Scan the records below for the line with "pub record IsOrdered" and the line with "reap-DelayOk ((pid, now)". Repeat those two lines and every line between them exactly, and nothing else.

TASK INPUT below:

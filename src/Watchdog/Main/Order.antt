-- ===== src/Watchdog/Main/Order.antt =====
-- The order of events in the main loop of src/init/watchdog.cpp, and its delays.
use audiox.Watchdog.Service.{
  new, Service, Look, supervise_service, reap_orphans, sleep_supervising, is_pid, stop_service,
}
use audiox.Watchdog.Service.Delays.{
  DelayOk, supervise_service-DelayOk, exit-DelayOk, pick-DelayOk, next_backoff-DelayOk,
  reset-DelayOk,
}
use audiox.Watchdog.Runtime.{
  Round, Watch, Ended, gone, stuck, wait_for_runtime, after_round, drained, supervised, verdict,
  next_delay,
}
use audiox.Watchdog.Main.{
  start_main, main, add64, ℕ, List, Event, started, killed, awaited, reboot_asked, Main, Turn,
  again, returned, waiting, end_group, after_runtime, sleep_then, fork_failed, wait_to_restart,
  count_restart, run_main,
}
use audiox.Watchdog.Main.Rules.{
  Outcome, Outcome-if, Rules, Any, AllTurns-Any, pass-Outcome, run_main-Outcome,
}
use audiox.Prelude.{
  true, not, ◌||◌, bytes_eq, arith, Bool, ◌*◌, refl, ==_refl, inr, subst, inl, leb, Bool-cases, ◌∷◌,
  if◌then◌else◌, [], some, none, Option, ◌≡◌, ℕ, List,
}
use audiox.Boot.Disk.{World, Os}
use audiox.Prelude.Words.{add64}

-- The runtime whose group lives: the last one started, until it is killed.
abbrev pub group : List Event → Option ℕ
group [] = none
group (started c ∷ log) = some c
group (killed c ∷ log) = if is_pid c (group log) then none else group log
group (awaited c ∷ log) = group log
group (reboot_asked ∷ log) = group log

-- No runtime is started, and no reboot asked for, while the group of an earlier one lives.
abbrev pub Tidy : List Event → Type 0
Tidy [] = Unit {0}
Tidy (started c ∷ log) = (group log ≡ none) × Tidy log
Tidy (killed c ∷ log) = Tidy log
Tidy (awaited c ∷ log) = Tidy log
Tidy (reboot_asked ∷ log) = (group log ≡ none) × Tidy log

abbrev pub DelaysOk : Main → Type 0
DelaysOk m = DelayOk m.restart_delay_seconds × DelayOk m.service.restart_delay_seconds

pub record IsOrdered (m : Main) : Type 0 where
  pub delays : DelaysOk m
  pub nothing_lives : group m.log ≡ none
  pub tidy : Tidy m.log

abbrev pub Living : Main → Type 0
Living m = DelaysOk m × Tidy m.log

reap-DelayOk :
    (orphans : List (ℕ × ℕ)) (s : Service)
    → DelayOk s.restart_delay_seconds
    → DelayOk (reap_orphans orphans s).restart_delay_seconds
unfolding reap_orphans
reap-DelayOk [] s v = v
reap-DelayOk ((pid, now) ∷ rest) s v =
    reap-DelayOk rest _ (pick-DelayOk (is_pid pid s.pid) _ s (exit-DelayOk now s v) v)

sleep-DelayOk :
    (deadline : ℕ) (rounds : List (Look × ℕ)) (s t : Service)
    → sleep_supervising deadline rounds s ≡ some t
    → DelayOk s.restart_delay_seconds
    → DelayOk t.restart_delay_seconds
unfolding sleep_supervising
sleep-DelayOk deadline [] s t e v = cc
sleep-DelayOk deadline ((look, after) ∷ rounds) s t e v =
    let u = supervise_service look.now look.waited look.forked s in
    let du : DelayOk u.restart_delay_seconds =
      supervise_service-DelayOk look.now look.waited look.forked s v in
    elim (Bool-cases (leb deadline after)) [
      | inl b ↦
          let same : u ≡ t = some_inj (rw b at e) in
          subst (λ (x : Service). DelayOk x.restart_delay_seconds) same du
      | inr b ↦ sleep-DelayOk deadline rounds u t (rw b at e) du
    ]
  where
    some_inj : {A : Type 0} {a b : A} → some a ≡ some b → a ≡ b
    some_inj h = cc

-- The service after the verdict on a runtime.
wait-DelayOk :
    (launch : ℕ) (rs : List Round) (w : Watch) (e : Ended) (s : Service)
    → wait_for_runtime launch rs w ≡ some (e, s)
    → DelayOk w.service.restart_delay_seconds
    → DelayOk s.restart_delay_seconds
unfolding wait_for_runtime after_round supervised drained
wait-DelayOk launch [] w e s h v = cc
wait-DelayOk launch (r ∷ rs) w e s h v =
    round (verdict launch r.child r.now t) h (λ k. wait-DelayOk launch rs t e s k dt)
  where
    t : Watch
    t = after_round r w

    dt : DelayOk t.service.restart_delay_seconds
    dt = supervise_service-DelayOk r.look.now r.look.waited r.look.forked w.service v

    round :
        (o : Option Ended)
        → (elim o [ none ↦ wait_for_runtime launch rs t | some d ↦ some (d, t.service) ])
          ≡ some (e, s)
        → (wait_for_runtime launch rs t ≡ some (e, s) → DelayOk s.restart_delay_seconds)
        → DelayOk s.restart_delay_seconds
    round none k later = later k
    round (some d) k later =
        let same : t.service ≡ s = cc in
        subst (λ (x : Service). DelayOk x.restart_delay_seconds) same dt

-- A sleep keeps what holds for every service that it may leave.
pub sleep_then-Outcome :
    (P Q D B : Main → Type 0) (t : Turn) (seconds : ℕ) (m : Main) (next : Service → Main)
    → DelayOk m.service.restart_delay_seconds
    → Q m
    → ((s : Service) → DelayOk s.restart_delay_seconds → P (next s))
    → Outcome P Q D B (sleep_then t seconds m next)
unfolding sleep_then
sleep_then-Outcome P Q D B t seconds m next v q each =
    slept (sleep_supervising (add64 t.slept_at (seconds * 1000)) t.sleeps m.service) refl
  where
    slept :
        (o : Option Service)
        → sleep_supervising (add64 t.slept_at (seconds * 1000)) t.sleeps m.service ≡ o
        → Outcome P Q D B (elim o [ none ↦ waiting m | some s ↦ again (next s) ])
    slept none e = q
    slept (some s) e = each s (sleep-DelayOk _ t.sleeps m.service s e v)

IsOrdered-Living : (m : Main) → IsOrdered m → Living m
IsOrdered-Living m v = (v.delays, v.tidy)

fork_failed-IsOrdered :
    (t : Turn) (m : Main)
    → IsOrdered m
    → Outcome IsOrdered Living IsOrdered IsOrdered (fork_failed t m)
unfolding fork_failed
fork_failed-IsOrdered t m v =
    sleep_then-Outcome IsOrdered Living IsOrdered IsOrdered t _ m _ v.delays.1
      (IsOrdered-Living m v)
      (λ s d. record {
        delays = (next_backoff-DelayOk m.restart_delay_seconds v.delays.0, d);
        nothing_lives = v.nothing_lives;
        tidy = v.tidy;
      })

wait_to_restart-IsOrdered :
    (t : Turn) (m : Main)
    → IsOrdered m
    → Outcome IsOrdered Living IsOrdered IsOrdered (wait_to_restart t m)
unfolding wait_to_restart
wait_to_restart-IsOrdered t m v =
    sleep_then-Outcome IsOrdered Living IsOrdered IsOrdered t _ m _ v.delays.1
      (IsOrdered-Living m v)
      (λ s d. record { delays = (v.delays.0, d); nothing_lives = v.nothing_lives; tidy = v.tidy })

group-end_group :
    (child : ℕ) (e : Ended) (log : List Event)
    → group (end_group child e (started child ∷ log)) ≡ none
unfolding end_group
group-end_group child (gone r) log = rw (==_refl child) refl
group-end_group child (stuck r) log = rw (==_refl child) refl

Tidy-end_group :
    (child : ℕ) (e : Ended) (log : List Event) → Tidy log → Tidy (end_group child e log)
unfolding end_group
Tidy-end_group child (gone r) log v = v
Tidy-end_group child (stuck r) log v = v

after_runtime-IsOrdered :
    (t : Turn) (child : ℕ) (e : Ended) (s : Service) (m : Main)
    → IsOrdered m
    → DelayOk s.restart_delay_seconds
    → IsOrdered (after_runtime t child e s (record m { log = started child ∷ m.log }))
unfolding after_runtime
after_runtime-IsOrdered t child e s m v d = record {
  delays = (v.delays.0, reap-DelayOk t.orphans s d);
  nothing_lives = group-end_group child e m.log;
  tidy = Tidy-end_group child e (started child ∷ m.log) (v.nothing_lives, v.tidy);
}

next_delay-DelayOk : (run_time delay : ℕ) → DelayOk delay → DelayOk (next_delay run_time delay)
unfolding next_delay
next_delay-DelayOk run_time delay v = reset-DelayOk _ _ (next_backoff-DelayOk delay v)

module _ (os : Os) (trial : Option (List ℕ)) (maximum : ℕ) where
  count_restart-IsOrdered :
      (t : Turn) (m : Main)
      → IsOrdered m
      → Outcome IsOrdered Living IsOrdered IsOrdered (count_restart os trial maximum t m)
  unfolding count_restart stop_service
  count_restart-IsOrdered t m v =
      Outcome-if IsOrdered Living IsOrdered IsOrdered _ (returned _) _
        (record { delays = v.delays; nothing_lives = v.nothing_lives; tidy = v.tidy })
        (wait_to_restart-IsOrdered t _ (record {
          delays = (next_delay-DelayOk _ m.restart_delay_seconds v.delays.0, v.delays.1);
          nothing_lives = v.nothing_lives;
          tidy = v.tidy;
        }))

  pass-Rules : Rules os trial maximum IsOrdered Living IsOrdered IsOrdered IsOrdered
  pass-Rules = record {
    starts = λ child m v. (v.delays, (v.nothing_lives, v.tidy));
    fails = fork_failed-IsOrdered;
    ends = λ t child e s m v h.
        after_runtime-IsOrdered t child e s m v (wait-DelayOk t.launch t.rounds _ e s h v.delays.1);
    asks = λ w m v. record {
      delays = v.delays;
      nothing_lives = v.nothing_lives;
      tidy = (v.nothing_lives, v.tidy);
    };
    goes_down = λ m v. v;
    counts = count_restart-IsOrdered;
  }

  run_main-IsOrdered :
      (ts : List Turn) (m : Main)
      → IsOrdered m
      → Outcome IsOrdered Living IsOrdered IsOrdered (run_main os trial maximum ts m)
  run_main-IsOrdered ts m v =
      run_main-Outcome os trial maximum IsOrdered Living IsOrdered IsOrdered Any IsOrdered-Living
        (λ t m' g. pass-Outcome pass-Rules t m') ts m (AllTurns-Any ts) v

start_main-IsOrdered :
    (path : List ℕ) (usable : Bool) (look : Look) (w : World)
    → IsOrdered (start_main path usable look w)
unfolding start_main
start_main-IsOrdered path usable look w = record {
  delays = (
    (omega arith, omega arith),
    pick-DelayOk (bytes_eq path [] || not usable) new _ (omega arith, omega arith)
        (supervise_service-DelayOk look.now look.waited look.forked (record new { enabled = true })
          (omega arith, omega arith)),
  );
  nothing_lives = refl;
  tidy = tt;
}

-- Whatever the system answers, in any passes of its loop `main` never starts a runtime and never asks
-- for a reboot while the group of an earlier runtime has not been killed, and both restart delays
-- stay between 1 and 30 seconds.
pub main-IsOrdered :
    (os : Os) (trial : Option (List ℕ)) (maximum : ℕ) (path : List ℕ) (usable : Bool) (look : Look)
    (w : World) (ts : List Turn)
    → Outcome IsOrdered Living IsOrdered IsOrdered (main os trial maximum path usable look w ts)
unfolding main
main-IsOrdered os trial maximum path usable look w ts =
    run_main-IsOrdered os trial maximum ts _ (start_main-IsOrdered path usable look w)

End of TASK INPUT.

• OUTPUT FOR THIS EXERCISE:
pub record IsOrdered (m : Main) : Type 0 where
  pub delays : DelaysOk m
  pub nothing_lives : group m.log ≡ none
  pub tidy : Tidy m.log

abbrev pub Living : Main → Type 0
Living m = DelaysOk m × Tidy m.log

reap-DelayOk :
    (orphans : List (ℕ × ℕ)) (s : Service)
    → DelayOk s.restart_delay_seconds
    → DelayOk (reap_orphans orphans s).restart_delay_seconds
unfolding reap_orphans
reap-DelayOk [] s v = v
reap-DelayOk ((pid, now) ∷ rest) s v =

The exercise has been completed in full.